◆ WORK ITEM
Find the line holding "unfoldable pub notifications" in the entries below. Give it again exactly, along with every line after it up to and including the line holding "notifications-IsHeldFor q qs".

◆ SUPPLIED RECORDS
-- ===== src/Service/Holding.antt =====
-- The hold on the service, which keeps it running while PAYG is enabled.
use eos_payg.Base.{
  ◌≡◌, ◌∙◌, ap, subst, inl, inr, Bool, Option, some, List, [], ◌∷◌, if◌then◌else◌, Option-cases,
  arith,
}
use eos_payg.Manager.{◌>>=◌}
use eos_payg.Provider.{Provider, provider_get_enabled}
use eos_payg.ManagerService.{new_service, set_provider, register}
use eos_payg.Service.{
  Start, StartResult, startup_complete, Service, held, provider_notify_enabled_cb,
}

-- One hold if the service holds itself, and none otherwise.
abbrev pub IsBalanced : {S : Type 0} → Service S → Type 0
IsBalanced s = s.holds ≡ (if s.holding then 1 else 0)

module _ {S : Type 0} (P : Provider S) where
  held-holds :
      (enabled : Bool) (s : Service S)
      → IsBalanced s
      → (held P enabled s).holds ≡ (if enabled then 1 else 0)
  held-holds enabled s balanced = ground arith

  -- The holds behind a notification are those of the provider that it shows.
  abbrev IsHeldFor : S → Service S → Type 0
  IsHeldFor p s =
      (enabled : Bool) × (provider_get_enabled P p ≡ some enabled)
      × (s.holding ≡ enabled)
      × (s.holds ≡ (if enabled then 1 else 0))

  IsHeldFor-IsBalanced : (p : S) (s : Service S) → IsHeldFor p s → IsBalanced s
  IsHeldFor-IsBalanced p s (enabled, _, holding, holds) = ground arith

  notified :
      (p : S) (s : Service S) {s' : Service S}
      → IsBalanced s
      → provider_notify_enabled_cb P p s ≡ some s'
      → IsHeldFor p s'
  unfolding provider_notify_enabled_cb
  notified p s {s'} balanced h = elim (Option-cases (provider_get_enabled P p)) [
    | inl failed ↦ absurd (ground arith)
    | inr (enabled, read) ↦
        let count = held-holds enabled s balanced in
        let same : s' ≡ record (held P enabled s) { holding = enabled } = ground arith in
        (enabled, read, ap (λ u. u.holding) same, ap (λ u. u.holds) same ∙ count)
  ]

  -- The notifications of a provider whose states they show.
  unfoldable pub notifications : List S → Service S → Option (Service S)
  notifications [] s = some s
  notifications (p ∷ ps) s = do s' ← provider_notify_enabled_cb P p s; notifications ps s'

  abbrev pub last_of : S → List S → S
  last_of p [] = p
  last_of p (q ∷ qs) = last_of q qs

  notifications-IsHeldFor :
      (p : S) (ps : List S) (s : Service S) {s' : Service S}
      → IsHeldFor p s
      → notifications ps s ≡ some s'
      → IsHeldFor (last_of p ps) s'
  unfolding notifications
  notifications-IsHeldFor p [] s {s'} held_for h =
      let same : s ≡ s' = ground arith in subst (IsHeldFor p) same held_for
  notifications-IsHeldFor p (q ∷ qs) s {s'} held_for h =
      elim (Option-cases (provider_notify_enabled_cb P q s)) [
        | inl failed ↦ absurd (ground arith)
        | inr (s1, done) ↦
            notifications-IsHeldFor q qs s1 {s' = s'}
              (notified q s (IsHeldFor-IsBalanced p s held_for) done) (ground arith)
      ]

  -- The service of a start that completes is held for its provider.
  completed_lem :
      (x : Start S) (s : Service S) (p : S) {s1 : Service S} {r : StartResult}
      → s.provider ≡ some p
      → IsBalanced s
      → startup_complete P x s ≡ some (s1, r)
      → IsHeldFor p s1
  unfolding startup_complete
  completed_lem x s p {s1} {r} own balanced completed =
      elim (Option-cases (set_provider P x.clock x.timer_id p new_service)) [
        | inl failed ↦ absurd (ground arith)
        | inr (m, made) ↦
            let s0 : Service S = record s { manager_service = some (register x.subtree_id m).0 } in
            elim (Option-cases (provider_notify_enabled_cb P p s0)) [
              | inl failed ↦ absurd (ground arith)
              | inr (s', done) ↦
                  let same : s' ≡ s1 = ground arith in
                  subst (IsHeldFor p) same (notified p s0 balanced done)
            ]
      ]

  -- After a start that completes with a provider, on a service whose holds are balanced, and any
  -- sequence of notifications of the provider's enabled property, the service is held exactly once
  -- if the last state of the provider is enabled, and not at all otherwise.
  pub startup_complete-notifications :
      (x : Start S) (s : Service S) (p : S) (ps : List S) {s1 s2 : Service S} {r : StartResult}
      → s.provider ≡ some p
      → IsBalanced s
      → startup_complete P x s ≡ some (s1, r)
      → notifications ps s1 ≡ some s2
      → (enabled : Bool) × (provider_get_enabled P (last_of p ps) ≡ some enabled)
        × (s2.holds ≡ (if enabled then 1 else 0))
  startup_complete-notifications x s p ps {s1} {s2} {r} own balanced completed later =
      let (enabled, read, _, holds) =
        notifications-IsHeldFor p ps s1 {s' = s2} (completed_lem x s p own balanced completed)
          later in
      (enabled, read, holds)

◆ EXPECTED ANSWER
  unfoldable pub notifications : List S → Service S → Option (Service S)
  notifications [] s = some s
  notifications (p ∷ ps) s = do s' ← provider_notify_enabled_cb P p s; notifications ps s'

  abbrev pub last_of : S → List S → S
  last_of p [] = p
  last_of p (q ∷ qs) = last_of q qs

  notifications-IsHeldFor :
      (p : S) (ps : List S) (s : Service S) {s' : Service S}
      → IsHeldFor p s
      → notifications ps s ≡ some s'
      → IsHeldFor (last_of p ps) s'
  unfolding notifications
  notifications-IsHeldFor p [] s {s'} held_for h =
      let same : s ≡ s' = ground arith in subst (IsHeldFor p) same held_for
  notifications-IsHeldFor p (q ∷ qs) s {s'} held_for h =
      elim (Option-cases (provider_notify_enabled_cb P q s)) [
        | inl failed ↦ absurd (ground arith)
        | inr (s1, done) ↦
            notifications-IsHeldFor q qs s1 {s' = s'}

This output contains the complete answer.